Load the file into Postgres:
ogr2ogr \
-f "PostgreSQL" \
PG:"dbname=trade_area_db user=vparham" \
competitors.geojson \
-nln competitors \
-overwrite \
-select "id,name,brand"
Then query within the trade area and rank competitors by distance from the candidate site:
SELECT
c.name,
ROUND(
(ST_Distance(c.wkb_geometry::geography, s.geom::geography) / 1609.344)::numeric
, 2) AS distance_miles
FROM competitors c
CROSS JOIN sites s
WHERE s.name = 'Woodcroft Shopping Center'
AND ST_Within(c.wkb_geometry, (
SELECT geom FROM trade_areas WHERE name = 'Durham 5 min drive'
))
ORDER BY distance_miles;
Example output:
name | distance_miles
-------------------------------+----------------
Joe Van Gogh | 0.04
Dunkin' | 0.21
Dunkin' Donuts | 0.22
Starbucks | 0.24
Starbucks | 1.19
Starbucks | 1.24
Starbucks | 1.24
Bean Traders | 1.31
Starbucks | 1.33
People's Coffee | 1.39
Starbucks | 1.39
PussyCat Cafe | 1.42
Starbucks | 1.42
Nordstrom Ebar Artisan Coffee | 1.46
Starbucks | 1.61
Starbucks | 1.67
BCBSNC Cafe 11309895 | 2.36
Panera Bread | 2.70
Zephyr Coffee | 2.76
Dunkin' | 3.10
Starbucks | 3.15
(21 rows)
Save the coordinates for these competitors locations to a json file and drag it into geojson.io:
COPY (
SELECT json_build_object(
'type', 'FeatureCollection',
'features', json_agg(
json_build_object(
'type', 'Feature',
'geometry', ST_AsGeoJSON(c.wkb_geometry)::json,
'properties', json_build_object('name', c.name)
)
)
)
FROM competitors c
WHERE ST_Within(c.wkb_geometry, (
SELECT geom FROM trade_areas WHERE name = 'Durham 5 min drive'
))
) TO '/tmp/competitors.geojson';

distance_miles is the straight-line distance from your candidate site to each competitor. Sorting by distance tells you which competitors are nearest to your intended location, while ST_Within keeps results inside the trade area. If you want to group competitors into spatial clusters, ST_ClusterKMeans works as a window function: ST_ClusterKMeans(c.wkb_geometry, 3) OVER () AS cluster_id assigns each competitor to one of three clusters by proximity.

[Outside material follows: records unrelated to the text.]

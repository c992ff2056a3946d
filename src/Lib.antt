-- ===== src/Lib.antt =====
-- zerobased orchestrates local development stacks: a daemon holds the claims of projects on hosts, a
-- route runtime publishes their routes through Caddy, and a run of a project claims its host, starts
-- its processes and publishes.
--
-- Base: what the program uses of Go's language and library (maps, strings, file paths, sorting, %d).
--   A string is a sequence of Unicode code points; the tables of Unicode are the record Base.Text.Unicode.
-- Zberr: internal/zberr. Zberr/Errors.antt is error.go (New is new, Is is is, Critical is critical);
--   Zberr/Registry.antt, Layer.antt and Code.antt are registry.go.
-- Controlplane: internal/controlplane/types.go, and client.go in Controlplane/Client.antt. net/http and the
--   JSON codecs are the record Controlplane.Client.Http.
-- Daemon: the API server of internal/daemon/start.go. Server.antt has its state and handleClaim,
--   Handlers.antt handleRoutes, handleRelease and ServeHTTP, Interleaving.antt the critical sections as
--   the steps of concurrent requests. The route runtime is the record Daemon.Runtime.RouteRuntime.
--   Generations.antt is about the generations that the server counts.
-- Daemon/Startup.antt: Start and Close of internal/daemon/start.go. The operating system is the record Host,
--   and a session keeps, beside the world, what the calls so far have taken and not given back, and whether the
--   runtime's Bootstrap or Close has answered with an error, which leaves open what it still has up. A closing
--   of a file or of the listener gives its descriptor back whatever it answers, as close(2) does.
-- RouteRuntime: internal/route_runtime/docker_caddy.go. Validation.antt is validatePublication,
--   Render.antt renderCaddyfile, Caddy.antt the operations, Bootstrap.antt Bootstrap. The file system,
--   the commands and the clock are the record RouteRuntime.Machine.Machine. AdminUrl.antt is
--   internal/route_runtime/admin_url.go.
-- Compose: internal/composebackend/backend.go. Policies.antt is loadRawPolicies, Isolation.antt
--   validateIsolation, Names.antt ProjectName, Project.antt Load, Start and Stop. compose-go's project is
--   the record Compose.Isolation.ComposeGo; its loader, the lifecycle and SHA-256 are Compose.Project.Tools.
--   Docker.antt is docker_lifecycle.go, over the record Docker.
-- Up: internal/up/runner.go. Config.antt is loadConfig from the decoded file on, Processes.antt the start
--   and the end of the processes and the two loops that wait, Run.antt is Run from its claim on, whose
--   deferred calls run in the reverse of their order. The control plane, the compose backend, processes,
--   files and the clock are the record Up.Environment.Environment. Root.antt is findProjectRoot, and
--   Command.antt Run from its options on, over the record Files.
-- Cli: cmd/zerobased/main.go. A command comes to an Outcome, its exit code and what it prints.
-- Gateway: the daemon over the Caddy runtime (Agreement.antt, Withdrawal.antt), a client that talks to it over
--   a socket (Wire.antt, Session.antt), and a run whose control plane is that client (Orchestration.antt,
--   Bystanders.antt, LostAnswer.antt). On the socket, which is the record Gateway.Wire.Link, a connection may
--   fail before the daemon has the request, and an answer may be lost behind it; an answer that comes, comes
--   whole. Gateway.Wire.Codec is the JSON.
--   Configuration.antt is ConfigFromEnv and what Start finds on the runtime.
-- Tests: runs at concrete inputs, on a small machine.
--
-- A handler takes what the JSON decoder makes of a body, and the token that newClaimToken would make.
-- Generations are int64 bit patterns and wrap at 2 ^ 64. The reload's ten attempts are the code's own
-- bound. The two loops of a run that wait take fuel, one for a round, and answer `none` when it is spent; a
-- run has enough with one more than the ticks that are left before its deadline and its interrupt. The
-- search of a project's directory takes fuel too, one for a directory, and has enough with one more than the
-- elements of the path. Decimal printing has the number itself as fuel, which falls with each digit.
--
-- Not modelled: execCommandRunner.Run, which only calls os/exec; newClaimToken, whose token is a handler's
-- argument; the goroutine that serves the socket, whose requests are the steps of Interleaving.antt, and the
-- signals, which are parameters of the commands; the tests, the npm packages, the documents and the
-- workflows, which hold none of the program's logic.
pub mod Base
pub mod Zberr
pub mod Cli
pub mod Compose
pub mod Controlplane
pub mod Daemon
pub mod RouteRuntime
pub mod Gateway
pub mod Up
pub mod Tests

What to Do With the Output
Use this analysis to compare two or three candidate sites: which location has more population, higher income, fewer direct competitors? That comparison narrows the field before committing to site visits or lease negotiations.
The PostGIS documentation covers more sophisticated spatial joins and index strategies. The Census Bureau’s data discovery tool makes it easier to browse ACS variables before pulling them through the API. The OSMnx documentation covers graph projection, edge weight customization, and the network_type options for walking or cycling networks, which matters if you’re evaluating a walkable urban location.